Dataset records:
===============

-- ===== src/Client/Accounting.antt =====
-- The callbacks that a MsgClient of src/task_msg.cpp calls, against those it was given.
use task_monitor.Base.{
  ℕ, ◌+◌, ◌≤◌, ◌≡◌, refl, ap, subst, inl, inr, List, [], ◌∷◌, ◌++◌, Option, none, some, arith, Bool,
  ◌==◌, if◌then◌else◌, ℤ, pos, Option-cases, Bool-cases,
}
use task_monitor.Ring.{RingBuf}
use task_monitor.Package.{get_available_package, payload}
use task_monitor.ListApi.{ListApi, IsListApi, delete}
use task_monitor.Json.{Json, codes}
use task_monitor.Msg.{EventType}
use task_monitor.Send.{send_frame}
use task_monitor.Client.{
  MsgRequest, node_of, MsgClient, Call, Grant, RspData, call_of, null, ended, send_request,
  req_node_create, after_writes, get_next_req_id, drop_request, msg_client_req_timer_cb,
}
use task_monitor.Client.Responses.{process_rsp_data}
use task_monitor.Client.Receive.{find_request, respond, parse_client_data, proc_data, recv_data}
use task_monitor.Client.Pending.{Distinct, Absent-find, Inv, waiting}

-- How many callbacks pass a test.
module _ {C : Type 0} (test : C → Bool) where
  abbrev pub one : C → ℕ
  one cb = if test cb then 1 else 0

  abbrev pub maybe : Option C → ℕ
  maybe none = 0
  maybe (some cb) = one cb

  -- Among the calls made, and among the requests that wait.
  abbrev pub called : {js : Json} → List (Call js C) → ℕ
  called [] = 0
  called (x ∷ xs) = one x.cb + called xs

  abbrev pub owed : {js : Json} → List (MsgRequest js C) → ℕ
  owed [] = 0
  owed (r ∷ rs) = maybe r.cb + owed rs

  called-append : {js : Json} (xs ys : List (Call js C)) → called (xs ++ ys) ≡ called xs + called ys
  called-append [] ys = omega arith
  called-append (x ∷ xs) ys = let rest = called-append xs ys in omega arith

  module _ (js : Json) where
    -- A request that is found and taken out no longer counts.
    owed-delete :
        (id : ℕ) (rs : List (MsgRequest js C)) (r : MsgRequest js C)
        → Distinct js C rs
        → find_request js C id rs ≡ some r
        → owed rs ≡ maybe r.cb + owed (delete (node_of js C) r.node rs)
    unfolding find_request delete
    owed-delete id [] r d e = cc
    owed-delete id (x ∷ rs) r d e = elim (Bool-cases (x.req_id == id)) [
      | inl hit ↦ ground arith
      | inr miss ↦
          let e' : find_request js C id rs ≡ some r = ground arith in
          let rest = owed-delete id rs r d.1 e' in
          ground (arith, Absent-find js C id x.node rs r d.0 e')
    ]

    module _ (rb : RingBuf) (api : ListApi (MsgRequest js C)) where
      called-call_of :
          (r : MsgRequest js C) (ret : ℤ) (rsp : RspData js C)
          → called (call_of js C rb api r ret rsp) ≡ maybe r.cb
      called-call_of r ret rsp = elim (Option-cases r.cb) [
        | inl e ↦ rw e refl
        | inr (cb, e) ↦ rw e (omega arith)
      ]

      -- A response calls no other callback than that of its request, and that once at most.
      called-process_rsp_data :
          (r : MsgRequest js C) (ret : ℤ) (value : Option js.Value)
          → called (process_rsp_data js C rb api r ret value).1 ≤ maybe r.cb
      unfolding process_rsp_data
      called-process_rsp_data r ret value = ground arith

      abbrev Client : Type 0
      Client = MsgClient js C rb api

      module _ (list : IsListApi (node_of js C) api) where
        -- The callbacks called, with those that may still be.
        abbrev pub total : Client → ℕ
        total c = called c.calls + owed (waiting js C rb api list c)

        ended-total :
            (c : Client) (id : ℕ) (r : MsgRequest js C) (calls : List (Call js C))
            → Inv js C rb api list c
            → find_request js C id (waiting js C rb api list c) ≡ some r
            → called calls ≤ maybe r.cb
            → total (ended js C rb api c r calls) ≤ total c
        unfolding drop_request
        ended-total c id r calls v e few =
            let left = owed-delete id (waiting js C rb api list c) r v.nodes e in
            let sum = called-append c.calls calls in
            let same = ap owed (list.entries_del r.node c.request_list) in omega arith

        respond-total :
            (c : Client) (id : ℕ) (ret : ℤ) (value : Option js.Value)
            → Inv js C rb api list c
            → total (respond js C rb api c id ret value).1 ≤ total c
        unfolding respond
        respond-total c id ret value v =
            elim (Option-cases (find_request js C id (waiting js C rb api list c))) [
              | inl e ↦ rw (e, respond) (omega arith)
              | inr (r, e) ↦
                  rw (e, respond)
                    (ended-total c id r (process_rsp_data js C rb api r ret value).1 v e
                      (called-process_rsp_data r ret value))
            ]

        parse_client_data-total :
            (c : Client) (id : ℕ) (bytes : List ℕ)
            → Inv js C rb api list c
            → total (parse_client_data js C rb api c id bytes).1 ≤ total c
        unfolding parse_client_data
        parse_client_data-total c id bytes v = elim (Option-cases (js.parse bytes)) [
          | inl e ↦ rw (e, parse_client_data) (omega arith)
          | inr (root, e) ↦ elim (Option-cases (js.get_object_item root (codes "ret"))) [
            | inl e' ↦ rw (e, parse_client_data, e', parse_client_data) (omega arith)
            | inr (ret, e') ↦
                rw (e, parse_client_data, e', parse_client_data)
                  (respond-total c id (js.valueint ret) (js.get_object_item root (codes "data")) v)
          ]
        ]

        proc_data-total :
            (c : Client) (malloc_ok : Bool)
            → Inv js C rb api list c
            → total (proc_data js C rb api c malloc_ok).1 ≤ total c
        unfolding proc_data
        proc_data-total c malloc_ok v =
            let f = get_available_package rb malloc_ok c.ring in
            elim (Option-cases f.found) [
              | inl e ↦ rw (e, proc_data) (omega arith)
              | inr (p, e) ↦
                  rw (e, proc_data)
                    (parse_client_data-total (record c { ring = f.buf }) p.req_id (payload p) v)
            ]

        pub recv_data-total :
            (c : Client) (malloc_ok : Bool) (bytes : List ℕ)
            → Inv js C rb api list c
            → total (recv_data js C rb api c malloc_ok bytes).1 ≤ total c
        unfolding recv_data
        recv_data-total c malloc_ok bytes v =
            let written = rb.write_data c.ring bytes in
            elim (Bool-cases (written.1 == 0)) [
              | inl nothing ↦ rw nothing (omega arith)
              | inr some_bytes ↦
                  rw some_bytes (proc_data-total (record c { ring = written.0 }) malloc_ok v)
            ]

        pub timer-total :
            (c : Client) (r : MsgRequest js C)
            → Inv js C rb api list c
            → find_request js C r.req_id (waiting js C rb api list c) ≡ some r
            → total (msg_client_req_timer_cb js C rb api c r) ≤ total c
        unfolding msg_client_req_timer_cb
        timer-total c r v e =
            let same = called-call_of r (pos 2) null in
            ended-total c r.req_id r (call_of js C rb api r (pos 2) null) v e (omega arith)

        after_writes-total :
            (c : Client) (ret : ℤ) (timeout : js.Double) (req : Option (MsgRequest js C))
            (cb : Option C)
            → ((r : MsgRequest js C) → req ≡ some r → r.cb ≡ cb)
            → total (after_writes js C rb api c ret timeout req).1 ≤ maybe cb + total c
        unfolding after_writes
        after_writes-total c ret timeout none cb h = ground arith
        after_writes-total c ret timeout (some r) cb h =
            let same = ap maybe (h r refl) in
            let queue = ap owed (list.entries_add r c.request_list) in ground arith

        pub send_request-total :
            (c : Client) (g : Grant js C rb api) (type : EventType) (buf : List ℕ) (len : ℕ)
            (cb : Option C) (timeout : js.Double) {ret : ℤ} {c' : Client}
            → send_request js C rb api c g type buf len cb timeout ≡ some (ret, c')
            → total c' ≤ maybe cb + total c
        unfolding send_request get_next_req_id req_node_create
        send_request-total c g type buf len cb timeout {ret} {c'} e =
            let next = get_next_req_id js C rb api c in
            elim (Option-cases (send_frame c.client_fd next.0 buf len)) [
              | inl blocked ↦ ground arith
              | inr (written, ew) ↦
                  let sent : Client = record (next.1) { client_fd = written.1 } in
                  let req = req_node_create js C rb api g next.0 cb type timeout in
                  let kept : total (after_writes js C rb api sent written.0 timeout req).1
                      ≤ maybe cb + total c =
                    after_writes-total sent written.0 timeout req cb λ r er. ground arith in
                  let same : after_writes js C rb api sent written.0 timeout req ≡ (ret, c') =
                    ground arith in
                  subst (λ (x : ℤ × Client). total x.1 ≤ maybe cb + total c) same kept
            ]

===============

Among the lines above, repeat exactly those from the line with "rw some_bytes (proc_data-total" to the line with "(cb : Option C) (timeout", counting both ends.

                  rw some_bytes (proc_data-total (record c { ring = written.0 }) malloc_ok v)
            ]

        pub timer-total :
            (c : Client) (r : MsgRequest js C)
            → Inv js C rb api list c
            → find_request js C r.req_id (waiting js C rb api list c) ≡ some r
            → total (msg_client_req_timer_cb js C rb api c r) ≤ total c
        unfolding msg_client_req_timer_cb
        timer-total c r v e =
            let same = called-call_of r (pos 2) null in
            ended-total c r.req_id r (call_of js C rb api r (pos 2) null) v e (omega arith)

        after_writes-total :
            (c : Client) (ret : ℤ) (timeout : js.Double) (req : Option (MsgRequest js C))
            (cb : Option C)
            → ((r : MsgRequest js C) → req ≡ some r → r.cb ≡ cb)
            → total (after_writes js C rb api c ret timeout req).1 ≤ maybe cb + total c
        unfolding after_writes
        after_writes-total c ret timeout none cb h = ground arith
        after_writes-total c ret timeout (some r) cb h =
            let same = ap maybe (h r refl) in
            let queue = ap owed (list.entries_add r c.request_list) in ground arith

        pub send_request-total :
            (c : Client) (g : Grant js C rb api) (type : EventType) (buf : List ℕ) (len : ℕ)
            (cb : Option C) (timeout : js.Double) {ret : ℤ} {c' : Client}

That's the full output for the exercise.